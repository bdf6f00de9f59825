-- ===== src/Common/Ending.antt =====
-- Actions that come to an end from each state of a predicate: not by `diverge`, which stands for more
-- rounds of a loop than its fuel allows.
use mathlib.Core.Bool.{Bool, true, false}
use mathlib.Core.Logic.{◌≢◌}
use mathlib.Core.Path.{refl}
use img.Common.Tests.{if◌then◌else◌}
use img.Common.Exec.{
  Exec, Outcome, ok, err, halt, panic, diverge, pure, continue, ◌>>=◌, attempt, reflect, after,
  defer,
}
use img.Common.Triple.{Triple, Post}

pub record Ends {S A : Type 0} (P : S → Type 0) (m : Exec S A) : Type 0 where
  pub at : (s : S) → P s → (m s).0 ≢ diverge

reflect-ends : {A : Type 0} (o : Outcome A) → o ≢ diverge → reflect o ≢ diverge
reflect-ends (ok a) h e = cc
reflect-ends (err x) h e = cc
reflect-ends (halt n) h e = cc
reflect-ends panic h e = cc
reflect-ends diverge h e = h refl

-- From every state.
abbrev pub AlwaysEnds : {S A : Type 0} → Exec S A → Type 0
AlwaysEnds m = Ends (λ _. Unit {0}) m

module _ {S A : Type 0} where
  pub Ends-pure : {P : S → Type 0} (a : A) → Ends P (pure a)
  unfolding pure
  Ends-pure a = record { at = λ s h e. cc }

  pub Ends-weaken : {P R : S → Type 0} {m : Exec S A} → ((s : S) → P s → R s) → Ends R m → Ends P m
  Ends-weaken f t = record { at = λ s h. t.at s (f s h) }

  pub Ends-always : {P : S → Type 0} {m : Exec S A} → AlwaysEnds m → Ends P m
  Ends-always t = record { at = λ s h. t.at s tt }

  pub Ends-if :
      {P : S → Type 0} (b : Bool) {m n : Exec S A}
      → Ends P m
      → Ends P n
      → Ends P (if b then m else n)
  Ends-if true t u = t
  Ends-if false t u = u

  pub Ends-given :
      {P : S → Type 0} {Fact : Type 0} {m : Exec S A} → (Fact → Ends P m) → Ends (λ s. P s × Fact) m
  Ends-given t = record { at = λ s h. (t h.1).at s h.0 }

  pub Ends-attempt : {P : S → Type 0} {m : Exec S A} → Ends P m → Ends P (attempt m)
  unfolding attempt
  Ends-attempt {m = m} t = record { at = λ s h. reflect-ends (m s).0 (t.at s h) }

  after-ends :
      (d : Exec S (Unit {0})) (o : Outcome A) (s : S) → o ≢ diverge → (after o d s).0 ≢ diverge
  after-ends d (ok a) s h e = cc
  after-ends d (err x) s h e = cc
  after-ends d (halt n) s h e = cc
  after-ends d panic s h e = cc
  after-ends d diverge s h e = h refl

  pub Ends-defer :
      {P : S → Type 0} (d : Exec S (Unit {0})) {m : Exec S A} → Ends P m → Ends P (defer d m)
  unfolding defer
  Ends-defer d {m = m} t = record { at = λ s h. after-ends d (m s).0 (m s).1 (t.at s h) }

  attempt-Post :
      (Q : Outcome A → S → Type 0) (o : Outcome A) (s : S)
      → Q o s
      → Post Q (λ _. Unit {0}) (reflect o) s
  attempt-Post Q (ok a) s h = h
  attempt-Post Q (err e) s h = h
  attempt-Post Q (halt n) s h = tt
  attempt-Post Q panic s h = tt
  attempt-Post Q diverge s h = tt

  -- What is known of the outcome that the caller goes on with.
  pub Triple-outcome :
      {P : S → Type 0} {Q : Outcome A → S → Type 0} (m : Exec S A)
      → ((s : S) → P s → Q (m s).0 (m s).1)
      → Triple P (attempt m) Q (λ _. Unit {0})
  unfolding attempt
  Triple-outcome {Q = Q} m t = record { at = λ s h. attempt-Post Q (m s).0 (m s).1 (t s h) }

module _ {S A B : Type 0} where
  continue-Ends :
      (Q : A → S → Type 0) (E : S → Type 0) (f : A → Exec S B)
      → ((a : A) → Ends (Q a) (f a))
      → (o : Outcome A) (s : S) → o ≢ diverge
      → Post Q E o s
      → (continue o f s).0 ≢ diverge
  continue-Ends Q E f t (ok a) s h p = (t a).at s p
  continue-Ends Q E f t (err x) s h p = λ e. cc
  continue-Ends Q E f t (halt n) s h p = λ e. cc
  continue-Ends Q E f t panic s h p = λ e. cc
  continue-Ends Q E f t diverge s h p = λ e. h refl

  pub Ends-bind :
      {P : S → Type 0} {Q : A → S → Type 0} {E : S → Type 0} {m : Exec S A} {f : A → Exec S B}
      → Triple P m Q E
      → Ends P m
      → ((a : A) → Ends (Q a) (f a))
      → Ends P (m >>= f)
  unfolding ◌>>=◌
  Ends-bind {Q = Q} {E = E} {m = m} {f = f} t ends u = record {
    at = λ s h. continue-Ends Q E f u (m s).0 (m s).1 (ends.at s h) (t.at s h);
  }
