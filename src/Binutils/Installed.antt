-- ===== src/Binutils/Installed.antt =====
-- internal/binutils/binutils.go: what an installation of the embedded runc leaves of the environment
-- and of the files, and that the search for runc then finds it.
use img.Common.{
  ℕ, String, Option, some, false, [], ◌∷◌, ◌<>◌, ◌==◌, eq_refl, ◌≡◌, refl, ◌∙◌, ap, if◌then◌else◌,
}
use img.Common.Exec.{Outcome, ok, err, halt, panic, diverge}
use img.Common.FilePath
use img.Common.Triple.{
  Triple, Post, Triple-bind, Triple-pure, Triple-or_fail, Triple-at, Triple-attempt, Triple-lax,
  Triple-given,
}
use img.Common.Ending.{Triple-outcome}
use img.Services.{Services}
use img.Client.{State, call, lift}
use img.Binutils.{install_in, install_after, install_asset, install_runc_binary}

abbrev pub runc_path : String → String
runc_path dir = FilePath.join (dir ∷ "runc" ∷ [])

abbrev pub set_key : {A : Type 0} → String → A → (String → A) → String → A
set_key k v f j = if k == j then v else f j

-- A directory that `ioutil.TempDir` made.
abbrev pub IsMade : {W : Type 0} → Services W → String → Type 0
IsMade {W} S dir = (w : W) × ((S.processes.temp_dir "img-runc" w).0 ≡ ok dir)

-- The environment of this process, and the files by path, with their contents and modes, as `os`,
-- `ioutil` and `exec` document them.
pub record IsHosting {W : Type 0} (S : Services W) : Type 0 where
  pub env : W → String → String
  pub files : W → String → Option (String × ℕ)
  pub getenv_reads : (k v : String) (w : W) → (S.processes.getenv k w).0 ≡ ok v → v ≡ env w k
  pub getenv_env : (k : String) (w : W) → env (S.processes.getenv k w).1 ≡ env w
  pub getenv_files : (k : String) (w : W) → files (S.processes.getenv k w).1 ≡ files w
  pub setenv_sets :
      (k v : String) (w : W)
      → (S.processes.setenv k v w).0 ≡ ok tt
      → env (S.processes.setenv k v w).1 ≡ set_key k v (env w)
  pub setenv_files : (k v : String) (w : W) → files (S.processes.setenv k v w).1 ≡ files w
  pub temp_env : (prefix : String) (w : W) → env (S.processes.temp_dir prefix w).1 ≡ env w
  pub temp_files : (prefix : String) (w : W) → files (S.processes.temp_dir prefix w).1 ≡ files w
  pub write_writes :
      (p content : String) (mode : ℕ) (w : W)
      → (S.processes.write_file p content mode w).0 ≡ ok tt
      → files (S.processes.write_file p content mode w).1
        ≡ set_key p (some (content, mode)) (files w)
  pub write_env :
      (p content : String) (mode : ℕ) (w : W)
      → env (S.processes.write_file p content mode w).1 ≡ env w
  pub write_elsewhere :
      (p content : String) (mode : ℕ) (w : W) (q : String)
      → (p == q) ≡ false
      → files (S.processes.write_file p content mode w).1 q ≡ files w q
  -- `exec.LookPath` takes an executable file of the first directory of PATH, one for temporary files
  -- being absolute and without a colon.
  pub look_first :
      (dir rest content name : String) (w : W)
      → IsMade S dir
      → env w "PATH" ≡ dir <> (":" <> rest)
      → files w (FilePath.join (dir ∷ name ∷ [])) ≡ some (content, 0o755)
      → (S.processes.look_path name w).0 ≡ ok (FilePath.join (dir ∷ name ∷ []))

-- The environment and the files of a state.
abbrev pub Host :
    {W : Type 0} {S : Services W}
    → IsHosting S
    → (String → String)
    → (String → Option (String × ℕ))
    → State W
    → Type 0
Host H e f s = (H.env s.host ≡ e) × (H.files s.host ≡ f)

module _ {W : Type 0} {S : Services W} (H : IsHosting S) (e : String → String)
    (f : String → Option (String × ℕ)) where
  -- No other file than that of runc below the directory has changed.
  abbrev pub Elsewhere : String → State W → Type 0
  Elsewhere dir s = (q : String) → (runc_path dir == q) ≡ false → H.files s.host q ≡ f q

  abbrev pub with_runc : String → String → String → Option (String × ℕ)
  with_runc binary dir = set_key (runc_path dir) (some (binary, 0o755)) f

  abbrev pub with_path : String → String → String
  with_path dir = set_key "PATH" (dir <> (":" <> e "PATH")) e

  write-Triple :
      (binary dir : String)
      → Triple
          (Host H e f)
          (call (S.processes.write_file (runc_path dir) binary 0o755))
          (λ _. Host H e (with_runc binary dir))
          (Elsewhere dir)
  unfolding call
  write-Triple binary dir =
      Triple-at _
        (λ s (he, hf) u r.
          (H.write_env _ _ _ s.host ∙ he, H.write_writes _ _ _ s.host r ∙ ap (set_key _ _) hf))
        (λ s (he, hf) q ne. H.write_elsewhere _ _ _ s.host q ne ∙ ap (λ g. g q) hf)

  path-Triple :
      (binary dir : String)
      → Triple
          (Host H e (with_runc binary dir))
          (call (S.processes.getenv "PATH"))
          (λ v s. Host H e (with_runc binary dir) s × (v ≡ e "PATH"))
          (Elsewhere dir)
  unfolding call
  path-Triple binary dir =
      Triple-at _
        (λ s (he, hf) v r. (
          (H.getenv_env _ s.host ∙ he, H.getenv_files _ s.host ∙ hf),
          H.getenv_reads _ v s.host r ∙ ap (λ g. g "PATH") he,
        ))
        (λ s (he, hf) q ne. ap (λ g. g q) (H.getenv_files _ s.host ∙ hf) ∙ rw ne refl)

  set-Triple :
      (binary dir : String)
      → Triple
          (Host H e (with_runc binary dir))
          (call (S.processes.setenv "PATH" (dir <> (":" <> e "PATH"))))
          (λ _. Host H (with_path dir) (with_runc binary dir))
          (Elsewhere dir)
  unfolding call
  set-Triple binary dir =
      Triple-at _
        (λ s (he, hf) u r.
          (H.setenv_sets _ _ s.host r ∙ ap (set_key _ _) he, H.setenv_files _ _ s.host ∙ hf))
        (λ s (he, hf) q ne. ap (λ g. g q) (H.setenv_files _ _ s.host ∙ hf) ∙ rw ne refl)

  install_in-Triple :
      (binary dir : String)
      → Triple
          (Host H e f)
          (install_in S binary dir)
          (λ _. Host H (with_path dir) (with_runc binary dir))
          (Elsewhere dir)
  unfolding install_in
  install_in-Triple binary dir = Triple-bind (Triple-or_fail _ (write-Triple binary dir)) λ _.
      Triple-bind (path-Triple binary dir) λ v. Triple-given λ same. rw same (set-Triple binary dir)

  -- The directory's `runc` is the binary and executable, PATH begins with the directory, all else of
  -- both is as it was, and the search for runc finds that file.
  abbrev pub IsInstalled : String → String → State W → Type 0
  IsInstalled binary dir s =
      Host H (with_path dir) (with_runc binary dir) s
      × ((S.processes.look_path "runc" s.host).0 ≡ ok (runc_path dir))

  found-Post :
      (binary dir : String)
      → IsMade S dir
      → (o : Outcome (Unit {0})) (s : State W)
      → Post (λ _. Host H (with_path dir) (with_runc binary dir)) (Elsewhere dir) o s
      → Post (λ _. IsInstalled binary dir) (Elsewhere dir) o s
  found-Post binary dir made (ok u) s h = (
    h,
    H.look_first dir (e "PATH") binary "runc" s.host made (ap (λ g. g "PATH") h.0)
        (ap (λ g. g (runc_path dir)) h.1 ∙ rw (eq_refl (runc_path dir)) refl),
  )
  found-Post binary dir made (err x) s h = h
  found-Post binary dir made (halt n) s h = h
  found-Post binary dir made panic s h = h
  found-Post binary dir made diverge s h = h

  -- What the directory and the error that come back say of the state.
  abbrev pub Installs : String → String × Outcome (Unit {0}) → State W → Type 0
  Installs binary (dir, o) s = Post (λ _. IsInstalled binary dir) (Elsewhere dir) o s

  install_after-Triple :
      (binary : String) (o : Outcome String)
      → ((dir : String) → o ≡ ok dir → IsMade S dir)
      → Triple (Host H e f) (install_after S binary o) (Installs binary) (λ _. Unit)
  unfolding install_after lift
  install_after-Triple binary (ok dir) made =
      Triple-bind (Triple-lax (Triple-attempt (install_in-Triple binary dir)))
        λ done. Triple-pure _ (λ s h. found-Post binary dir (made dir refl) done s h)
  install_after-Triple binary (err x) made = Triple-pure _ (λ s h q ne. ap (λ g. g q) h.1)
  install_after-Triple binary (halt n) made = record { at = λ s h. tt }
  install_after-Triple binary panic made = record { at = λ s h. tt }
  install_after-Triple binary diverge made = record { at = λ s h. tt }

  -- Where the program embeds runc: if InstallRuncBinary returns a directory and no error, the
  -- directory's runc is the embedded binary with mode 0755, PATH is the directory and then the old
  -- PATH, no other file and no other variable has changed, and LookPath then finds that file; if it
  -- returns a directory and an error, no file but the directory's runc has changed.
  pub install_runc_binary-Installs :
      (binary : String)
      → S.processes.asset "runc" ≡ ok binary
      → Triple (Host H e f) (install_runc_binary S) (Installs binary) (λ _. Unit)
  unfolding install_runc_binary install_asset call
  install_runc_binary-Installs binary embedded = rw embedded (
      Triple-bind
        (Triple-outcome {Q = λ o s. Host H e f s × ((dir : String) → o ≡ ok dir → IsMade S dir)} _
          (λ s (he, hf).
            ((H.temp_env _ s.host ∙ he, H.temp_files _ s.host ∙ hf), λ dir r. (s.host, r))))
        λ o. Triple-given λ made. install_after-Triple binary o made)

== What you are asked to do ==
Start from the line that holds "unfolding install_runc_binary install_asset" and print each line to the end of the records exactly, leaving out everything before it.

== Answer space ==
  unfolding install_runc_binary install_asset call
  install_runc_binary-Installs binary embedded = rw embedded (
      Triple-bind
        (Triple-outcome {Q = λ o s. Host H e f s × ((dir : String) → o ≡ ok dir → IsMade S dir)} _
          (λ s (he, hf).
            ((H.temp_env _ s.host ∙ he, H.temp_files _ s.host ∙ hf), λ dir r. (s.host, r))))
        λ o. Triple-given λ made. install_after-Triple binary o made)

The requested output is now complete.